Warren Buffett donates again to the Gates Foundation but will cut the charity off after his death

OMAHA, Neb.– Investor Warren Buffett announced another $5.3 billion in charitable giving on Friday, but in a major shift from his long time donation plan He said he plans to stop donations to the Bill & After his death, he founded the Melinda Gates Foundation and let his three children decide how to divide the rest of his $128 billion fortune.

Buffett explained his new plan for his estate in a interview with the Wall Street Journal. The 93-year-old billionaire who leads Berkshire Hathaway did not immediately respond to questions from The Associated Press on Friday about his plan, which calls for Howard, Susie and Peter Buffett to unanimously agree on what to spend his Berkshire Hathaway shares on after his death.

Buffett has given about $55 billion of Berkshire stock to five foundations since laying out his giving plan in 2006, with the vast majority going to the funds. Gates FoundationThe other four foundations are affiliated with his family, including the foundations run by each of his children.

“The Gates Foundation will have no money after my death,” said Buffett, who left the Gates Foundation board in 2021 after Bill Gates, one of his closest friends, announced he and Melinda French Gates were divorcing. French Gates left the Gates Foundation earlier this year.

In his first promise to the Gates Foundation in 2006, Buffett wrote that he planned to include the foundation in his will. “I will shortly write a new will that will provide for a continuation of this commitment – by distribution of the remaining earmarked shares or otherwise – after my death,” he wrote at the time, referring to the annual gifts of Berkshire Hathaway stock he promised.

But Buffett said inside a statement Friday that his original promises are only valid until his death.

Buffett will leave it up to his children to decide what to do with his Berkshire stock, just as he does now when he lets foundations decide how to use his gifts. He said they already know the purpose of his giving.

“It should be used to help the people who haven’t been as fortunate as we have been,” Buffett told the Journal. “There’s eight billion people in the world, and me and my kids, we’ve been in the luckiest 100th of 1% or something like that. There’s a lot of ways to help people.”

Mark Suzman, CEO of the Gates Foundation, said in a statement that he appreciates Buffett’s generosity over the years.

“Warren Buffett has been extraordinarily generous to the Gates Foundation over more than 18 years of contributions and advice,” Suzman said. “He has played an invaluable role in championing and shaping the foundation’s work to create a world where everyone can live healthy, productive lives. We are deeply grateful for his most recent gift and contributions totaling approximately $43 billion to our work.”

The value of Buffett’s donations has grown with the steady rise in the price of Berkshire’s stock, so the shares he has given away so far are already worth more than his entire $43 billion fortune when he announced his plan.

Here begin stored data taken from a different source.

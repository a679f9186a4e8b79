-- ===== src/Planner/Risk.antt =====
-- kernel/dynamic_planner.py, `DynamicPlanner.risk_assess`.
pub mod Levels
use hermes_kernel_v.Prelude.{
  ℕ, ◌+◌, String, Bool, true, false, ◌||◌, ◌==◌, List, [], ◌∷◌, ◌++◌, Option, none, some, ltb,
  if◌then◌else◌,
}
use hermes_kernel_v.Prelude.Dict
use hermes_kernel_v.Prelude.Dict.{Dict}
use hermes_kernel_v.Prelude.Texts.{has}
use hermes_kernel_v.Planner.Domain.{
  Plan, PlanStep, RiskLevel, low, medium, high, critical, Outcome, success, failure, timeout,
  cancelled, ExecutionOutcome,
}

abbrev pub counts_as_failure : Outcome → Bool
counts_as_failure failure = true
counts_as_failure timeout = true
counts_as_failure success = false
counts_as_failure cancelled = false

unfoldable pub step_by_id : String → List PlanStep → Option PlanStep
step_by_id step_id [] = none
step_by_id step_id (s ∷ steps) = if s.step_id == step_id then some s else step_by_id step_id steps

abbrev pub is_unhealthy : Option String → Bool
is_unhealthy none = false
is_unhealthy (some e) = e == "agent_unhealthy"

abbrev pub note_failure : List PlanStep → ExecutionOutcome → Dict ℕ → Dict ℕ
note_failure steps o d =
    if counts_as_failure o.status
    then elim (step_by_id o.step_id steps) [
      | none ↦ d
      | some s ↦ Dict.put s.capability (Dict.get_or s.capability 0 d + 1) d
    ]
    else d

-- `failures_by_cap`
unfoldable pub failures_by_cap : List PlanStep → List ExecutionOutcome → Dict ℕ → Dict ℕ
failures_by_cap steps [] d = d
failures_by_cap steps (o ∷ os) d = failures_by_cap steps os (note_failure steps o d)

-- `unhealthy_steps`
unfoldable pub unhealthy_steps : List ExecutionOutcome → List String
unhealthy_steps [] = []
unhealthy_steps (o ∷ os) =
    let rest = unhealthy_steps os in if is_unhealthy o.error_type then o.step_id ∷ rest else rest

unfoldable pub assessed : Dict ℕ → List String → PlanStep → RiskLevel
assessed failures unhealthy s =
    if has s.step_id unhealthy
    then critical
    else if ltb 2 (Dict.get_or s.capability 0 failures)
    then high
    else s.risk

abbrev pub same_risk : RiskLevel → RiskLevel → Bool
same_risk low low = true
same_risk medium medium = true
same_risk high high = true
same_risk critical critical = true
same_risk _ _ = false

pub record RiskEscalated : Type 0 where
  pub step_id : String
  pub from_risk : RiskLevel
  pub to_risk : RiskLevel

-- The steps with their new risks, and the events.
assess_steps : Dict ℕ → List String → List PlanStep → List PlanStep × List RiskEscalated
unfolding assessed
assess_steps failures unhealthy [] = ([], [])
assess_steps failures unhealthy (s ∷ steps) =
    let rest = assess_steps failures unhealthy steps in
    let risk = assessed failures unhealthy s in
    (
      record s { risk = risk } ∷ rest.0,
      if same_risk s.risk risk
          then rest.1
          else record { step_id = s.step_id; from_risk = s.risk; to_risk = risk } ∷ rest.1,
    )

unfoldable pub risk_assess : Plan → List ExecutionOutcome → Plan × List RiskEscalated
unfolding assess_steps failures_by_cap unhealthy_steps
risk_assess plan history =
    let r =
      assess_steps (failures_by_cap plan.steps history []) (unhealthy_steps history) plan.steps in
    (record plan { steps = r.0 }, r.1)
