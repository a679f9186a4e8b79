-- ===== src/Planner/Risk/Levels.antt =====
-- What a risk assessment rates a step as.
use hermes_kernel_v.Prelude.{
  ℕ, suc, String, Bool, false, ◌==◌, ◌&&◌, List, [], ◌∷◌, none, some, ltb, any, if◌then◌else◌,
}
use hermes_kernel_v.Prelude.Dict
use hermes_kernel_v.Prelude.Dict.{Dict}
use hermes_kernel_v.Planner.Domain.{Plan, PlanStep, high, critical, ExecutionOutcome}
use hermes_kernel_v.Planner.Risk.{
  counts_as_failure, step_by_id, is_unhealthy, failures_by_cap, unhealthy_steps,
}

-- The outcome is a failure or a timeout of a step with this capability.
abbrev pub fails_at : List PlanStep → String → ExecutionOutcome → Bool
fails_at steps cap o =
    counts_as_failure o.status
    && elim (step_by_id o.step_id steps) [ none ↦ false | some s ↦ s.capability == cap ]

abbrev pub count_failures : List PlanStep → String → List ExecutionOutcome → ℕ
count_failures steps cap [] = 0
count_failures steps cap (o ∷ os) =
    let rest = count_failures steps cap os in if fails_at steps cap o then suc rest else rest

abbrev pub reports : String → ExecutionOutcome → Bool
reports step_id o = is_unhealthy o.error_type && (o.step_id == step_id)

abbrev pub rated : Plan → List ExecutionOutcome → PlanStep → PlanStep
rated plan history s = record s {
  risk =
      if any (reports s.step_id) history
      then critical
      else if ltb 2 (count_failures plan.steps s.capability history)
      then high
      else s.risk;
}

module _ (plan : Plan) (history : List ExecutionOutcome) where
  abbrev failures : Dict ℕ
  failures = failures_by_cap plan.steps history []

  abbrev unhealthy : List String
  unhealthy = unhealthy_steps history
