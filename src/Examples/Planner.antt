-- ===== src/Examples/Planner.antt =====
-- The dynamic planner at concrete inputs.
use hermes_kernel_v.Prelude.{
  ◌≡◌, ◌+◌, ◌<◌, ◌^◌, refl, arith, List, [], ◌∷◌, some, none, ltb, if◌then◌else◌,
}
use hermes_kernel_v.Planner.Domain.{
  Plan, PlanStep, draft, low, critical, Outcome, success, failure, timeout, ExecutionOutcome,
}
use hermes_kernel_v.Planner.Ordering.{toposort}
use hermes_kernel_v.Planner.Ordering.Correct.{IsSorted, toposort-IsSorted}
use hermes_kernel_v.Planner.Execution.{Planner, World, execute_step_with_retry}
use hermes_kernel_v.Planner.Execution.Retrying.{
  Succeeds, paused_for, retries, execute_step_with_retry-Succeeds,
}
use hermes_kernel_v.Planner.Risk.{step_by_id}
use hermes_kernel_v.Planner.Risk.Levels.{count_failures}

abbrev fetch : PlanStep
fetch = record {
  step_id = "fetch";
  capability = "web.get";
  agent_id = some "a1";
  dependencies = [];
  estimated_duration_ms = 1000;
  risk = critical;
  retry_budget = 3;
}

abbrev parse : PlanStep
parse = record fetch { step_id = "parse"; dependencies = "fetch" ∷ "gone" ∷ []; risk = low }

toposort-IsSorted_example : IsSorted (parse ∷ fetch ∷ []) (toposort (parse ∷ fetch ∷ []))
toposort-IsSorted_example = toposort-IsSorted (parse ∷ fetch ∷ [])

abbrev outcome : Outcome → ExecutionOutcome
outcome status = record {
  outcome_id = "o";
  plan_id = "p";
  step_id = "fetch";
  status = status;
  error_type = none;
  retry_count = 0;
}

-- The first two calls fail.
abbrev flaky : World
flaky = record {
  perform = λ n s. outcome (if ltb n 2 then failure else success);
  new_id = λ n. "id";
  answer = none;
  eligible = λ p. none;
}

abbrev plan : Plan
plan = record { plan_id = "p"; workflow_id = "w"; status = draft; steps = fetch ∷ []; version = 1 }

abbrev idle : Planner
idle = record { plans = []; outcomes = []; replans = []; effects = []; calls = 0; drawn = 0 }

execute_step_with_retry-Succeeds_example :
    Succeeds flaky plan fetch 0 2 idle (execute_step_with_retry flaky plan fetch idle)
    × (paused_for (retries flaky plan fetch 0 0 2) + 1 ≡ 2 ^ 2)
execute_step_with_retry-Succeeds_example =
    execute_step_with_retry-Succeeds flaky plan fetch 2 idle (omega arith) refl refl

abbrev history : List ExecutionOutcome
history = outcome failure ∷ outcome timeout ∷ outcome failure ∷ []

three_failures : 2 < count_failures plan.steps "web.get" history
unfolding step_by_id
three_failures = omega arith
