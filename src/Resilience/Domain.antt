-- ===== src/Resilience/Domain.antt =====
-- kernel/resilience_domain.py: circuit states, configurations, the retry policy, dead letters.
-- Durations are in milliseconds and times in microseconds, the resolution of `datetime`; a
-- configuration number is a natural number.
use hermes_kernel_v.Prelude.{
  ℕ, ◌-◌, ◌*◌, ◌^◌, String, Bool, true, List, [], ◌∷◌, Option, ltb, any, ◌==◌, if◌then◌else◌,
  concat,
}
use Prim.Native.Nat.{min}

pub data CircuitState : Type 0 where
  closed open_circuit half_open : CircuitState

pub record CircuitConfig : Type 0 where
  pub name : String
  pub failure_threshold : ℕ
  pub recovery_timeout_ms : ℕ
  pub half_open_max_calls : ℕ

abbrev pub default_config : String → CircuitConfig
default_config name = record {
  name = name;
  failure_threshold = 5;
  recovery_timeout_ms = 60_000;
  half_open_max_calls = 1;
}

-- An exception: the name of its class, those of the class's bases, and its text.
pub record Exc : Type 0 where
  pub class_name : String
  pub bases : List String
  pub text : String

-- What awaiting a call can end in. `cancelled` is `asyncio.CancelledError`, which is no
-- `Exception`, so `except Exception` does not catch it.
pub data Outcome {ℓ} (A : Type ℓ) : Type ℓ where
  returned : A → Outcome A
  raised : Exc → Outcome A
  cancelled : Outcome A

-- f"{type(exc).__name__}: {exc}"
abbrev pub describe : Exc → String
describe exc = concat exc.class_name (concat ": " exc.text)

pub record RetryPolicy : Type 0 where
  pub max_attempts : ℕ
  pub backoff_base_ms : ℕ
  pub max_backoff_ms : ℕ
  pub retryable_exceptions : List String

unfoldable pub backoff_for : RetryPolicy → ℕ → ℕ
backoff_for p n =
    let attempt = if ltb n 1 then 1 else n in
    min (p.backoff_base_ms * 2 ^ (attempt - 1)) p.max_backoff_ms

abbrev pub contains : List String → String → Bool
contains names s = any (λ n. n == s) names

unfoldable pub is_retryable : RetryPolicy → Exc → Bool
is_retryable p exc = elim p.retryable_exceptions [
  | [] ↦ true
  | n ∷ ns ↦ any (contains (n ∷ ns)) (exc.class_name ∷ exc.bases)
]

pub data DeadLetterStatus : Type 0 where
  pending replayed discarded : DeadLetterStatus

-- `Task` is the `dict` of the original task.
pub record DeadLetterEntry (Task : Type 0) : Type 0 where
  pub entry_id : String
  pub original_task : Task
  pub error : String
  pub attempts : ℕ
  pub enqueued_at : ℕ
  pub last_attempt : Option ℕ
  pub status : DeadLetterStatus
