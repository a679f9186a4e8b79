-- ===== src/Resilience/Store.antt =====
-- kernel/resilience_store.py without a database: the tables that a `ResilienceStore` keeps in
-- memory. The SQLite branches, JSON and ISO timestamps are not modelled.
use hermes_kernel_v.Prelude.{
  ℕ, String, Bool, true, false, List, [], ◌∷◌, ◌++◌, Option, none, some, filterb,
}
use hermes_kernel_v.Prelude.Dict
use hermes_kernel_v.Prelude.Dict.{Dict}
use hermes_kernel_v.Resilience.Domain.{
  CircuitState, CircuitConfig, DeadLetterStatus, pending, replayed, discarded, DeadLetterEntry,
}

pub record CircuitRow : Type 0 where
  pub name : String
  pub state : CircuitState
  pub failure_count : ℕ
  pub last_failure : Option ℕ
  pub config : CircuitConfig

pub record RetryRow : Type 0 where
  pub task_id : String
  pub attempt : ℕ
  pub backoff_ms : ℕ
  pub error : String
  pub timestamp : ℕ

pub record ResilienceStore (Task : Type 0) : Type 0 where
  pub circuits : Dict CircuitRow
  pub retries : List RetryRow
  pub dead_letter : Dict (DeadLetterEntry Task)

module _ {Task : Type 0} where
  abbrev pub empty_store : ResilienceStore Task
  empty_store = record { circuits = []; retries = []; dead_letter = [] }

  unfoldable pub put_circuit : CircuitRow → ResilienceStore Task → ResilienceStore Task
  put_circuit row s = record s { circuits = Dict.put row.name row s.circuits }

  unfoldable pub put_retry : RetryRow → ResilienceStore Task → ResilienceStore Task
  put_retry row s = record s { retries = s.retries ++ row ∷ [] }

  unfoldable pub put_dead_letter :
      DeadLetterEntry Task → ResilienceStore Task → ResilienceStore Task
  put_dead_letter entry s = record s { dead_letter = Dict.put entry.entry_id entry s.dead_letter }

  unfoldable pub get_dead_letter : String → ResilienceStore Task → Option (DeadLetterEntry Task)
  get_dead_letter entry_id s = Dict.get entry_id s.dead_letter

-- `e.status == status`
abbrev pub status_eq : DeadLetterStatus → DeadLetterStatus → Bool
status_eq pending pending = true
status_eq replayed replayed = true
status_eq discarded discarded = true
status_eq _ _ = false

abbrev pub has_status : {Task : Type 0} → DeadLetterStatus → DeadLetterEntry Task → Bool
has_status status e = status_eq e.status status

-- A filter that `None` switches off.
abbrev pub with_status :
    {Task : Type 0}
    → Option DeadLetterStatus
    → List (DeadLetterEntry Task)
    → List (DeadLetterEntry Task)
with_status none entries = entries
with_status (some status) entries = filterb (has_status status) entries

-- COALESCE(?, last_attempt)
abbrev pub coalesce : Option ℕ → Option ℕ → Option ℕ
coalesce none old = old
coalesce (some t) old = some t

module _ {Task : Type 0} where
  unfoldable pub list_dead_letter :
      Option DeadLetterStatus → ResilienceStore Task → List (DeadLetterEntry Task)
  list_dead_letter status s = with_status status (Dict.values s.dead_letter)

  unfoldable pub update_dead_letter_status :
      String → DeadLetterStatus → Option ℕ → ResilienceStore Task → ResilienceStore Task × Bool
  update_dead_letter_status entry_id status last_attempt s =
      elim (Dict.get entry_id s.dead_letter) [
        | none ↦ (s, false)
        | some entry ↦ (
          record s {
            dead_letter =
                Dict.put entry_id
                  (record entry {
                    status = status;
                    last_attempt = coalesce last_attempt entry.last_attempt;
                  })
                  s.dead_letter;
          },
          true,
        )
      ]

The conglomerate’s most traded Class B shares are up about 22% in the past 12 months.

“Nothing special happened in Berkshire; a very long runway, simple but generally sound capital deployment, US tailwinds and compounding have created my current wealth,” Buffett said in a statement. “My will stipulates that more than 99% of my estate is for philanthropic use.”

Buffett’s own Susan Thompson Buffett Foundation is one main supporter of abortion rights over the years, but he has allowed it his children and the Gates Foundation make their own decisions about how to distribute his donations. Howard Buffett has given more than $500 million to Help Ukraine since Russia invaded as part of its focus on helping war-torn regions.

Buffett also makes occasionally other gifts to unnamed charities, but he never disclosed the details of those gifts.

Buffett will still own 207,963 Class A shares of Berkshire stock and 2,586 Class B shares after giving away just over 13 million Class B shares on Friday. Because of the voting power of the Class A shares, Buffett still has by far the most say in the operations of the massive Omaha, Nebraska-based conglomerate, which he leads as chairman and CEO. He has not bought or sold Berkshire stock in 18 years.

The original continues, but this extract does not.